I am single. I have been single for a YEAR and 2 MONTHS now. However, I must admit, I was dating, its just that nothing went beyond the first date though, because I am not impressed.
I guess my past relationships haven't been so great that I tend to run away or keep my distance when a man treats me like a QUEEN.
I am always wondering, does he want sex in return? or maybe even a relationship? Well, I've realized that there are some guys who are just sincere and would love to help a woman out when they see her in pain or a time of need.
I tend to freak out when I get close to a guy or when there is an instant immediate emotional connection. I feel like if its too perfect, then there MUST be something wrong. With this mentality, I feel like I have let a lot of good men go.

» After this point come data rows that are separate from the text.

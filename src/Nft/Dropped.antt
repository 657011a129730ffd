-- ===== src/Nft/Dropped.antt =====
-- apps/plugins/nft/plugin/manager.go: which rules DropRules deletes.
use debug_bootstrap.Prelude.{
  Bool, true, false, Option, none, some, List, [], ◌∷◌, ◌++◌, Bytes, ◌≡◌, refl, sym, ap, ◌∙◌,
  nat_beq, bytes_equal, ◌==◌, ◌⊎◌, inl, inr, Bool-cases, Option-cases,
}
use debug_bootstrap.Prelude.Dict.{Dict, lookup}
use debug_bootstrap.Nft.{
  Rule, Chain, Table, Nft, FindError, Delete, handle_in, fill_rules, fill_chains, find_rules,
  of_rules, of_chains, of_tables, run_deletes, drop_rules,
}
use debug_bootstrap.Nft.Plan.{
  demands_rules, demands_chains, demands, chain_at, first_handle, handle_or, answer, both, plan,
  both_empty, plan-append, commands, result-cases,
}

handle_in-first :
    (rules : List Rule) (r : Rule)
    → handle_or r.handle (first_handle r.body rules) ≡ handle_in rules r
unfolding first_handle handle_in
handle_in-first [] r = refl
handle_in-first (rr ∷ rules) r = elim (Bool-cases (rr.body == r.body)) [
  | inl x ↦ rw x refl
  | inr x ↦ rw x (handle_in-first rules r)
]

fill_rules-plan :
    (present : Nft) (family tn cn : Bytes) (c : Chain) (rules : List Rule)
    → chain_at present tn cn ≡ some c
    → commands (of_rules family tn cn) (fill_rules c.rules rules)
      ≡ plan present (demands_rules family tn cn rules)
unfolding fill_rules plan demands_rules of_rules answer both
fill_rules-plan present family tn cn c [] h = refl
fill_rules-plan present family tn cn c (r ∷ rs) h =
    let rest = fill_rules-plan present family tn cn c rs h in
    elim (Bool-cases (nat_beq (handle_in c.rules r) 0)) [
      | inl z ↦ rw (fill_rules, z, plan, answer, h, handle_in-first c.rules r, z) refl
      | inr z ↦ elim (result-cases (fill_rules c.rules rs)) [
        | inl (e, x) ↦
            let missing : plan present (demands_rules family tn cn rs) ≡ none =
              sym rest ∙ rw x refl in
            rw (fill_rules, z, x, answer, h, handle_in-first c.rules r, z, missing) refl
        | inr (filled, x) ↦
            let planned : plan present (demands_rules family tn cn rs)
                ≡ some (of_rules family tn cn filled) =
              sym rest ∙ rw x refl in
            rw (fill_rules, z, x, answer, h, handle_in-first c.rules r, z, planned) refl
      ]
    ]

-- The commands of two parts, when the second is only looked for behind the first
commands-both :
    {X Y Z : Type 0} (f : X → List Delete) (g : Y → List Delete) (join : Z → List Delete)
    (pair : X → Y → Z) (a : FindError ⊎ X) (b : FindError ⊎ Y)
    → ((x : X) (y : Y) → join (pair x y) ≡ f x ++ g y)
    → commands join
        (elim a [ inl e ↦ inl e | inr x ↦ elim b [ inl e ↦ inl e | inr y ↦ inr (pair x y) ] ])
      ≡ both (commands f a) (commands g b)
unfolding both
commands-both f g join pair (inl e) b h = refl
commands-both f g join pair (inr x) (inl e) h = refl
commands-both f g join pair (inr x) (inr y) h = ap some (h x y)

fill_chains-plan :
    (present : Nft) (family tn : Bytes) (t : Table) (chains : Dict Bytes Chain)
    → lookup tn present ≡ some t
    → commands (of_chains family tn) (fill_chains tn t.chains chains)
      ≡ plan present (demands_chains family tn chains)
unfolding fill_chains plan demands_chains of_chains answer both chain_at
fill_chains-plan present family tn t [] h = refl
fill_chains-plan present family tn t ((cn, c) ∷ chains) h =
    elim (Option-cases (lookup cn t.chains)) [
      | inl x ↦ rw (fill_chains, x, answer, chain_at, h, x) refl
      | inr (there, x) ↦
          let at : chain_at present tn cn ≡ some there = rw (chain_at, h) x in
          let rules = demands_rules family tn cn c.rules in
          let chained = demands_chains family tn chains in
          let first = fill_rules-plan present family tn cn there c.rules at in
          let rest = fill_chains-plan present family tn t chains h in
          rw (fill_chains, x, answer, at)
            (commands-both (of_rules family tn cn) (of_chains family tn) (of_chains family tn)
                (λ filled rest. (cn, record c { rules = filled }) ∷ rest)
                (fill_rules there.rules c.rules) (fill_chains tn t.chains chains)
                (λ filled rest. refl)
              ∙ rw (first, rest) (sym (plan-append present rules chained))
              ∙ sym (both_empty (plan present (rules ++ chained))))
    ]

find_rules-plan :
    (present sub : Nft) → commands of_tables (find_rules present sub) ≡ plan present (demands sub)
unfolding find_rules plan demands of_tables answer both
find_rules-plan present [] = refl
find_rules-plan present ((tn, t) ∷ sub) = elim (Option-cases (lookup tn present)) [
  | inl x ↦ rw (find_rules, x, answer) refl
  | inr (there, x) ↦
      let chains = demands_chains t.family tn t.chains in
      let first = fill_chains-plan present t.family tn there t.chains x in
      let rest = find_rules-plan present sub in
      rw (find_rules, x, answer)
        (commands-both (of_chains t.family tn) of_tables of_tables
            (λ filled rest. (tn, record t { chains = filled }) ∷ rest)
            (fill_chains tn there.chains t.chains) (find_rules present sub) (λ filled rest. refl)
          ∙ rw (first, rest) (sym (plan-append present chains (demands sub)))
          ∙ sym (both_empty (plan present (chains ++ demands sub))))
]

-- What comes of commands that are run one after the other, until one of them fails: what those before
-- it did stays done.
pub data Ran {K : Type 0} (drop : Delete → K → Option K) : List Delete → K → K × Bool → Type 0 where
  finished : (k : K) → Ran drop [] k (k, true)
  failed :
      (d : Delete) (ds : List Delete) (k : K) → drop d k ≡ none → Ran drop (d ∷ ds) k (k, false)
  next :
      (d : Delete) (ds : List Delete) (k k' : K) (result : K × Bool)
      → drop d k ≡ some k'
      → Ran drop ds k' result
      → Ran drop (d ∷ ds) k result

-- Nothing is done without a plan.
abbrev pub CarriedOut :
    {K : Type 0} → (Delete → K → Option K) → Option (List Delete) → K → K × Bool → Type 0
CarriedOut drop none k result = result ≡ (k, false)
CarriedOut drop (some ds) k result = Ran drop ds k result

module _ {K : Type 0} (get : K → Option Nft) (drop : Delete → K → Option K) where
  run_deletes-Ran : (ds : List Delete) (k : K) → Ran drop ds k (run_deletes get drop ds k)
  unfolding run_deletes
  run_deletes-Ran [] k = finished k
  run_deletes-Ran (d ∷ ds) k = elim (Option-cases (drop d k)) [
    | inl e ↦ rw (run_deletes, e) (failed d ds k e)
    | inr (k', e) ↦
        rw (run_deletes, e) (next d ds k k' (run_deletes get drop ds k') e (run_deletes-Ran ds k'))
  ]

  -- When the ruleset can be read, DropRules plans one command for each rule it is given, in their
  -- order, if the ruleset has each of the tables and chains and there is a handle for each rule: that
  -- of the first rule with its body in its chain, or else its own. Without a plan it runs no command,
  -- and gives an error. Otherwise it runs the commands of the plan one after the other until one
  -- fails: it gives an error exactly if one fails, and the commands before that one stay done.
  pub drop_rules-plan :
      (sub present : Nft) (k : K)
      → get k ≡ some present
      → CarriedOut drop (plan present (demands sub)) k (drop_rules get drop sub k)
  unfolding drop_rules
  drop_rules-plan sub present k h = elim (result-cases (find_rules present sub)) [
    | inl (e, x) ↦
        let missing : plan present (demands sub) ≡ none =
          sym (find_rules-plan present sub) ∙ rw x refl in
        rw (drop_rules, h, x, missing) refl
    | inr (found, x) ↦
        let planned : plan present (demands sub) ≡ some (of_tables found) =
          sym (find_rules-plan present sub) ∙ rw x refl in
        rw (drop_rules, h, x, planned) (run_deletes-Ran (of_tables found) k)
  ]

There were so many men, who would give me the world, but I simply wasn't interested or the TIMING wasn't right. Such as, recent break up or finding out that you have been cheated and lied to.
I am not perfect. Nor am I a perfect girlfriend, but I do try my BEST. I am loyal, honest, loving, caring, smart, funny, crazy, hyper and outgoing.
A lot of people ask me why I am single. Now, my answer is I CHOOSE to BE.
Whatever happens....happens.
I just wish people stop pressuring me into relationships or setting me up on dates.
Like seriously, do I need a man to make me happy?
I don't think so.
I am happy.
Nonetheless, sharing my happiness with the opposite sex would make me happier.